Overview
We want to make a new command to probe all the possible issues in xCAT. It can probe xCAT MN and xCAT node definition statically. It also can probe the node discovery and node deployment staticaly. The goal is to make a command to help xCAT users to predict and debug xCAT problems easily.
Interface
The syntax of the xcatprobe command:
xcatprobe <probe_type> [parameters]
xcatprobe
# same asxcatprobe help
xcatprobe help
xcatprobe nodedef <noderange>
xcatprobe osdef <osimage>
xcatprobe xcatmn
xcatprobe node <noderange>
xcatprobe switch
xcatprobe nodeready <noderange> [console] [deployment]
xcatprobe nodediscover
xcatprobe nodedeploy
xcatprobe help
Display the usage of xcatprobe.
- Display the basic usage
- Display all the probe type
xcatprobe nodedef
Probe node definition.
- Check validate of node name
- Check ip<=>node entry in /etc/hosts
- Check DNS resolution
- Check HWcontrol: check definition and try the rpower status to make sure hwcontrol is ready for using.

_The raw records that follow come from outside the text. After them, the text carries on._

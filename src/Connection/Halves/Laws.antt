-- ===== src/Connection/Halves/Laws.antt =====
-- A half under its mutex is a half with one call at a time, in the order in which the calls came.
use mathlib.Core.List.{map-append}
use iroh_dart.Prelude.{
  ◌≡◌, refl, ap, ◌∙◌, Option, none, some, List, [], ◌∷◌, ◌++◌, map, append_assoc,
}
use iroh_dart.Connection.Halves.{
  Polled, pending, ready, Held, Half, fresh, arrive, locked, lock_next, settled, polled,
  poll_holder, Step, arrives, locks, polls, peer_acts, Steps, stay, then,
}
use iroh_dart.Connection.Halves.Serial.{
  Alone, begun, again, between, Serial, nothing_yet, idles, serves,
}

abbrev pub requests : {Request Answer : Type 0} → List (Request × Answer) → List Request
requests served = map (λ call. call.0) served

abbrev pub held_request : {Request Op : Type 0} → Option (Held Request Op) → List Request
held_request none = []
held_request (some held) = held.request ∷ []

module _ {Request Op Stream Answer : Type 0} (future : Request → Op)
    (poll : Op → Stream → Polled Op Answer × Stream) (Peer : Stream → Stream → Type 0)
    (first : Stream) where
  -- The call with the guard has run alone since the last one ended.
  abbrev pub Served : List (Request × Answer) → Option (Held Request Op) → Stream → Type 0
  Served answers none stream = Serial future poll Peer first answers stream
  Served answers (some held) stream =
      (s : Stream) × Serial future poll Peer first answers s
      × Alone future poll Peer (future held.request) s held.op stream

  record Orderly (answers : List (Request × Answer)) (holder : Option (Held Request Op))
      (queue : List Request) (calls : List Request) (stream : Stream) : Type 0 where
    order : requests answers ++ (held_request holder ++ queue) ≡ calls
    served : Served answers holder stream

  abbrev Inv : Half Request Op Stream Answer → Type 0
  Inv h = Orderly h.answers h.holder h.queue h.calls h.stream

  arrive-Inv :
      (r : Request) (h : Half Request Op Stream Answer) → Inv h → Inv (arrive future poll r h)
  unfolding arrive
  arrive-Inv r h inv = record {
    order =
        regroup (requests h.answers) (held_request h.holder) h.queue (r ∷ [])
        ∙ ap (λ l. l ++ (r ∷ [])) inv.order;
    served = inv.served;
  }
    where
      regroup : (x y z e : List Request) → x ++ (y ++ (z ++ e)) ≡ (x ++ (y ++ z)) ++ e
      regroup x y z e = simp (append_assoc)

  locked-Inv :
      (h : Half Request Op Stream Answer) (holder : Option (Held Request Op)) (queue : List Request)
      → Inv h
      → Orderly h.answers holder queue h.calls h.stream
      → Inv (locked future poll h holder queue)
  locked-Inv h none [] inv o = inv
  locked-Inv h none (r ∷ rest) inv o = record {
    order = o.order;
    served = (h.stream, o.served, begun);
  }
  locked-Inv h (some held) queue inv o = inv

  settled-Inv :
      (h : Half Request Op Stream Answer) (held : Held Request Op) (p : Polled Op Answer × Stream)
      → poll held.op h.stream ≡ p
      → Orderly h.answers (some held) h.queue h.calls h.stream
      → Inv (settled future poll h held p)
  settled-Inv h held (pending op, stream) e o = record {
    order = o.order;
    served = let (s, done, alone) = o.served in (s, done, again held.op op h.stream stream alone e);
  }
  settled-Inv h held (ready answer, stream) e o = record {
    order =
        ap (λ l. l ++ h.queue) (map-append (λ call. call.0) h.answers ((held.request, answer) ∷ []))
        ∙ append_assoc (requests h.answers) (held.request ∷ []) h.queue
        ∙ o.order;
    served =
        let (s, done, alone) = o.served in
        serves h.answers held.request held.op answer s h.stream stream done alone e;
  }

  polled-Inv :
      (h : Half Request Op Stream Answer) (holder : Option (Held Request Op))
      → Inv h
      → Orderly h.answers holder h.queue h.calls h.stream
      → Inv (polled future poll h holder)
  polled-Inv h none inv o = inv
  polled-Inv h (some held) inv o = settled-Inv h held (poll held.op h.stream) refl o

  acted :
      (answers : List (Request × Answer)) (holder : Option (Held Request Op)) (s t : Stream)
      → Peer s t
      → Served answers holder s
      → Served answers holder t
  acted answers none s t step done = idles answers s t done step
  acted answers (some held) s t step (u, done, alone) = (u, done, between held.op s t alone step)

  Step-Inv : (h k : Half Request Op Stream Answer) → Step future poll Peer h k → Inv h → Inv k
  unfolding lock_next poll_holder
  Step-Inv h k (arrives r _) inv = arrive-Inv r h inv
  Step-Inv h k (locks _) inv = locked-Inv h h.holder h.queue inv inv
  Step-Inv h k (polls _) inv = polled-Inv h h.holder inv inv
  Step-Inv h k (peer_acts _ stream step) inv = record {
    order = inv.order;
    served = acted h.answers h.holder h.stream stream step inv.served;
  }

  Steps-Inv :
      (h : Half Request Op Stream Answer)
      → Steps future poll Peer (fresh future poll first) h
      → Inv h
  unfolding fresh
  Steps-Inv h stay = record { order = refl; served = nothing_yet }
  Steps-Inv h (then k _ steps step) = Step-Inv k h step (Steps-Inv k steps)

  -- In every state that arrivals, polls and acts of the peer can lead to, in whatever order: the
  -- answers so far are those of whole calls, one at a time, and the call with the guard has been
  -- polled since the last of them ended, with nothing but acts of the peer between its polls; these
  -- calls, then the one with the guard, then the waiting ones, are the calls in the order in which
  -- they came.
  pub Steps-Serial :
      (h : Half Request Op Stream Answer)
      → Steps future poll Peer (fresh future poll first) h
      → Served h.answers h.holder h.stream
        × (requests h.answers ++ (held_request h.holder ++ h.queue) ≡ h.calls)
  Steps-Serial h steps = let inv = Steps-Inv h steps in (inv.served, inv.order)
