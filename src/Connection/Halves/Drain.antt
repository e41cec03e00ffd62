-- ===== src/Connection/Halves/Drain.antt =====
-- A schedule that serves all calls of a stream that is closed. While it is open, a future of iroh
-- can wait without bound, for the peer's flow control or for data.
use iroh_dart.Prelude.{
  ℕ, zero, suc, ◌+◌, ◌≤◌, ◌≡◌, ◌≢◌, refl, subst, sym, ap, ◌∙◌, Option, none, some, List, [], ◌∷◌,
  ◌++◌, append-nil, arith,
}
use iroh_dart.Connection.Halves.{
  Polled, pending, ready, Held, Half, fresh, locked, lock_next, settled, polled, poll_holder, locks,
  polls, Steps, then,
}
use iroh_dart.Connection.Halves.Laws.{requests, held_request, Steps-Serial}

module _ {Request Op Stream Answer : Type 0} (future : Request → Op)
    (poll : Op → Stream → Polled Op Answer × Stream) where
  -- The runtime lets the first waiter in, and polls.
  abbrev round : Half Request Op Stream Answer → Half Request Op Stream Answer
  round h = poll_holder future poll (lock_next future poll h)

  pub drain : ℕ → Half Request Op Stream Answer → Half Request Op Stream Answer
  drain zero h = h
  drain (suc n) h = drain n (round h)

  drain-Steps :
      (Peer : Stream → Stream → Type 0) (h : Half Request Op Stream Answer) (n : ℕ)
      (k : Half Request Op Stream Answer)
      → Steps future poll Peer h k
      → Steps future poll Peer h (drain n k)
  unfolding drain
  drain-Steps Peer h zero k steps = steps
  drain-Steps Peer h (suc n) k steps =
      let entered = lock_next future poll k in
      drain-Steps Peer h n (round k)
        (then entered (round k) (then k entered steps (locks k)) (polls entered))

  -- Once the connection is lost, a stream's operations end with what is there or with an error, and
  -- it stays lost.
  pub record Ends (Closed : Stream → Type 0) : Type 0 where
    pub never_pending : (op op' : Op) (s s' : Stream) → Closed s → poll op s ≢ (pending op', s')
    pub stays : (op : Op) (s : Stream) → Closed s → Closed (poll op s).1

  abbrev pub held_work : Option (Held Request Op) → ℕ
  held_work none = 0
  held_work (some held) = 1

  abbrev pub queue_work : List Request → ℕ
  queue_work [] = 0
  queue_work (r ∷ rest) = suc (queue_work rest)

  -- The calls without an answer.
  unfoldable pub work : Half Request Op Stream Answer → ℕ
  work h = held_work h.holder + queue_work h.queue

  pub work_bound :
      (h : Half Request Op Stream Answer) (n : ℕ)
      → work h ≤ n
      → held_work h.holder + queue_work h.queue ≤ n
  unfolding work
  work_bound h n bound = bound

  pub locked-stream :
      (h : Half Request Op Stream Answer) (holder : Option (Held Request Op)) (queue : List Request)
      → (locked future poll h holder queue).stream ≡ h.stream
  locked-stream h none [] = refl
  locked-stream h none (r ∷ rest) = refl
  locked-stream h (some held) queue = refl

  settled-stream :
      (h : Half Request Op Stream Answer) (held : Held Request Op) (p : Polled Op Answer × Stream)
      → (settled future poll h held p).stream ≡ p.1
  settled-stream h held (pending op, stream) = refl
  settled-stream h held (ready answer, stream) = refl

  module _ (Closed : Stream → Type 0) (ends : Ends Closed) where
    settled-Closed :
        (h : Half Request Op Stream Answer) (held : Held Request Op)
        → Closed h.stream
        → Closed (settled future poll h held (poll held.op h.stream)).stream
    settled-Closed h held c =
        subst Closed (sym (settled-stream h held (poll held.op h.stream)))
          (ends.stays held.op h.stream c)

    polled-Closed :
        (h : Half Request Op Stream Answer) (holder : Option (Held Request Op))
        → Closed h.stream
        → Closed (polled future poll h holder).stream
    polled-Closed h none c = c
    polled-Closed h (some held) c = settled-Closed h held c

    locked-Closed :
        (h : Half Request Op Stream Answer)
        → Closed h.stream
        → Closed (locked future poll h h.holder h.queue).stream
    locked-Closed h c = subst Closed (sym (locked-stream h h.holder h.queue)) c

    pub round-Closed :
        (h : Half Request Op Stream Answer) → Closed h.stream → Closed (round h).stream
    unfolding lock_next poll_holder
    round-Closed h c =
        let k = locked future poll h h.holder h.queue in
        polled-Closed k k.holder (locked-Closed h c)

    locked-work :
        (h : Half Request Op Stream Answer) (holder : Option (Held Request Op))
        (queue : List Request)
        → held_work holder + queue_work queue ≡ held_work h.holder + queue_work h.queue
        → work (locked future poll h holder queue) ≡ held_work h.holder + queue_work h.queue
    unfolding work
    locked-work h none [] e = refl
    locked-work h none (r ∷ rest) e = omega (arith, e)
    locked-work h (some held) queue e = refl

    settled-work :
        (h : Half Request Op Stream Answer) (held : Held Request Op) (p : Polled Op Answer × Stream)
        → Closed h.stream
        → poll held.op h.stream ≡ p
        → work (settled future poll h held p) ≡ queue_work h.queue
    unfolding work
    settled-work h held (pending op, stream) c e =
        absurd (ends.never_pending held.op op h.stream stream c e)
    settled-work h held (ready answer, stream) c e = omega arith

    -- Where nobody has the guard after the lock, nobody waits.
    polled-work :
        (h : Half Request Op Stream Answer) (holder : Option (Held Request Op)) (n : ℕ)
        → Closed h.stream
        → h.holder ≡ holder
        → held_work holder + queue_work h.queue ≤ suc n
        → ((holder ≡ none) → h.queue ≡ [])
        → work (polled future poll h holder) ≤ n
    unfolding work
    polled-work h none n c e bound idle = rw (e, idle refl) (omega arith)
    polled-work h (some held) n c e bound idle =
        let less = settled-work h held (poll held.op h.stream) c refl in omega arith

    entered :
        (h : Half Request Op Stream Answer) (holder : Option (Held Request Op))
        (queue : List Request)
        → h.holder ≡ holder
        → h.queue ≡ queue
        → (locked future poll h holder queue).holder ≡ none
        → (locked future poll h holder queue).queue ≡ []
    entered h none [] e f g = f
    entered h none (r ∷ rest) e f g = cc
    entered h (some held) queue e f g = cc

    round-work :
        (h : Half Request Op Stream Answer) (n : ℕ)
        → Closed h.stream
        → work h ≤ suc n
        → work (round h) ≤ n
    unfolding work lock_next poll_holder
    round-work h n c bound =
        let k = locked future poll h h.holder h.queue in
        polled-work k k.holder n (locked-Closed h c) refl
          (rw (locked-work h h.holder h.queue refl) bound) (entered h h.holder h.queue refl refl)

    drain-work :
        (n : ℕ) (h : Half Request Op Stream Answer)
        → Closed h.stream
        → work h ≤ n
        → work (drain n h) ≡ 0
    unfolding drain
    drain-work zero h c bound = omega arith
    drain-work (suc n) h c bound =
        drain-work n (round h) (round-Closed h c) (round-work h n c bound)

    locked-calls :
        (h : Half Request Op Stream Answer) (holder : Option (Held Request Op))
        (queue : List Request)
        → (locked future poll h holder queue).calls ≡ h.calls
    locked-calls h none [] = refl
    locked-calls h none (r ∷ rest) = refl
    locked-calls h (some held) queue = refl

    settled-calls :
        (h : Half Request Op Stream Answer) (held : Held Request Op) (p : Polled Op Answer × Stream)
        → (settled future poll h held p).calls ≡ h.calls
    settled-calls h held (pending op, stream) = refl
    settled-calls h held (ready answer, stream) = refl

    polled-calls :
        (h : Half Request Op Stream Answer) (holder : Option (Held Request Op))
        → (polled future poll h holder).calls ≡ h.calls
    polled-calls h none = refl
    polled-calls h (some held) = settled-calls h held (poll held.op h.stream)

    drain-calls : (n : ℕ) (h : Half Request Op Stream Answer) → (drain n h).calls ≡ h.calls
    unfolding drain lock_next poll_holder
    drain-calls zero h = refl
    drain-calls (suc n) h =
        let k = locked future poll h h.holder h.queue in
        drain-calls n (round h) ∙ polled-calls k k.holder ∙ locked-calls h h.holder h.queue

    nothing_left :
        (holder : Option (Held Request Op)) (queue : List Request)
        → held_work holder + queue_work queue ≡ 0
        → (holder ≡ none) × (queue ≡ [])
    nothing_left none [] e = (refl, refl)
    nothing_left none (r ∷ rest) e = ground arith
    nothing_left (some held) queue e = ground arith

    -- If on a closed stream each poll of a future ends it and leaves the stream closed: from every
    -- state that arrivals, polls and acts of the peer can lead to and in which the stream is
    -- closed, as many rounds of the schedule as there are calls without an answer suffice to answer
    -- every call that has come, in the order in which they came; then nobody has the guard and
    -- nobody waits for it.
    pub drain-requests :
        (Peer : Stream → Stream → Type 0) (first : Stream) (h : Half Request Op Stream Answer)
        (n : ℕ)
        → Steps future poll Peer (fresh future poll first) h
        → Closed h.stream
        → work h ≤ n
        → (requests (drain n h).answers ≡ h.calls)
          × ((drain n h).holder ≡ none)
          × ((drain n h).queue ≡ [])
    unfolding work
    drain-requests Peer first h n steps closed bound =
        let k = drain n h in
        let (no_holder, no_queue) = nothing_left k.holder k.queue (drain-work n h closed bound) in
        let order = (Steps-Serial future poll Peer first k (drain-Steps Peer _ n h steps)).1 in
        (
          sym (append-nil (requests k.answers))
              ∙ sym (
                  ap
                    (λ (holder : Option (Held Request Op)).
                      requests k.answers ++ (held_request holder ++ []))
                    no_holder)
              ∙ sym (
                  ap
                    (λ (queue : List Request).
                      requests k.answers ++ (held_request k.holder ++ queue))
                    no_queue)
              ∙ order
              ∙ drain-calls n h,
          no_holder,
          no_queue,
        )
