-- ===== src/Connection/Halves/Events.antt =====
-- Schedules of what happens to a half, as lists.
use iroh_dart.Prelude.{
  ℕ, suc, ◌≡◌, refl, sym, ap, ◌∙◌, Option, none, some, List, [], ◌∷◌, ◌++◌, append_assoc,
  append-nil,
}
use iroh_dart.Connection.Halves.{
  Polled, pending, ready, Held, Half, arrive, locked, lock_next, settled, polled, poll_holder,
}

module _ {Request Op Stream Answer : Type 0} (future : Request → Op)
    (poll : Op → Stream → Polled Op Answer × Stream) where
  -- What happens to a half: a call comes, the runtime lets the first waiter in and polls, the
  -- peer changes the stream.
  pub data Event : Type 0 where
    comes : Request → Event
    turn : Event
    changes : Stream → Event

  unfoldable pub happen : Event → Half Request Op Stream Answer → Half Request Op Stream Answer
  happen (comes r) h = arrive future poll r h
  happen turn h = poll_holder future poll (lock_next future poll h)
  happen (changes stream) h = record h { stream = stream }

  unfoldable pub happen_all :
      List Event → Half Request Op Stream Answer → Half Request Op Stream Answer
  happen_all [] h = h
  happen_all (e ∷ es) h = happen_all es (happen e h)

  abbrev pub turns : List Event → ℕ
  turns [] = 0
  turns (comes r ∷ es) = turns es
  turns (turn ∷ es) = suc (turns es)
  turns (changes stream ∷ es) = turns es

  -- Answers are never taken back.
  abbrev pub More : List (Request × Answer) → List (Request × Answer) → Type 0
  More old new = (more : List (Request × Answer)) × (new ≡ old ++ more)

  settled-More :
      (h : Half Request Op Stream Answer) (held : Held Request Op) (p : Polled Op Answer × Stream)
      → More h.answers (settled future poll h held p).answers
  settled-More h held (pending op, stream) = ([], sym (append-nil h.answers))
  settled-More h held (ready answer, stream) = ((held.request, answer) ∷ [], refl)

  polled-More :
      (h : Half Request Op Stream Answer) (holder : Option (Held Request Op))
      → More h.answers (polled future poll h holder).answers
  polled-More h none = ([], sym (append-nil h.answers))
  polled-More h (some held) = settled-More h held (poll held.op h.stream)

  locked-answers :
      (h : Half Request Op Stream Answer) (holder : Option (Held Request Op)) (queue : List Request)
      → (locked future poll h holder queue).answers ≡ h.answers
  locked-answers h none [] = refl
  locked-answers h none (r ∷ rest) = refl
  locked-answers h (some held) queue = refl

  happen-More :
      (e : Event) (h : Half Request Op Stream Answer) → More h.answers (happen e h).answers
  unfolding happen arrive lock_next poll_holder
  happen-More (comes r) h = ([], sym (append-nil h.answers))
  happen-More turn h =
      let k = locked future poll h h.holder h.queue in
      let (more, e) = polled-More k k.holder in
      (more, e ∙ ap (λ l. l ++ more) (locked-answers h h.holder h.queue))
  happen-More (changes stream) h = ([], sym (append-nil h.answers))

  pub happen_all-More :
      (es : List Event) (h : Half Request Op Stream Answer)
      → More h.answers (happen_all es h).answers
  unfolding happen_all
  happen_all-More [] h = ([], sym (append-nil h.answers))
  happen_all-More (e ∷ es) h =
      let (more, one) = happen-More e h in
      let (rest, all) = happen_all-More es (happen e h) in
      (more ++ rest, all ∙ ap (λ l. l ++ rest) one ∙ append_assoc h.answers more rest)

- Check attributes: mgt, netboot, mac
xcatprobe osdef
Probe the definition of OSimage
- check the basic attribtues: imagetype, osarch, osdistroname, osname, osvers
- check the existence of packages in pkgdir
- check the packages in the otherpkgdir
- check the entries in the pkglist and otherpkglist
- check the rootimage in rootimgdir for netboot image
xcatprobe xcatmn
Probe the readiness of xCAT MN
- Check the hostname, long name
- Check xcatd has been started sucessfully(six processes is working)
- Check xcatd is listening on 2 important port
- Check the basic configuration of xcat: site table, passwd table, network table
- Check mnip is configured on current server and is a static ip
- Check the selinux has been disabled
- Check the firewall has been closed
- Check the free disk space of /tmp /var /install
- Check the size of dhcpd.leases file less than 100MB
- Check the network services are running configured properly: dhcpd, named, tftpd, httpd
- Verify the all the above items for all the service nodes
xcatprobe node
Probe whether the node is ready for using
- ssh without password
- syslog has been configured
- verify the parallel commands like xdsh: xdcp
xcatprobe switch
Probe the configuration of switches
- Check whether the IP, user, password, auth have been configured
- Check whether the snmp v1 /v3 are enabled
- Check the system description/name from snmp
- Display the mac table for the switch
xcatprobe nodeready [console] [deployment]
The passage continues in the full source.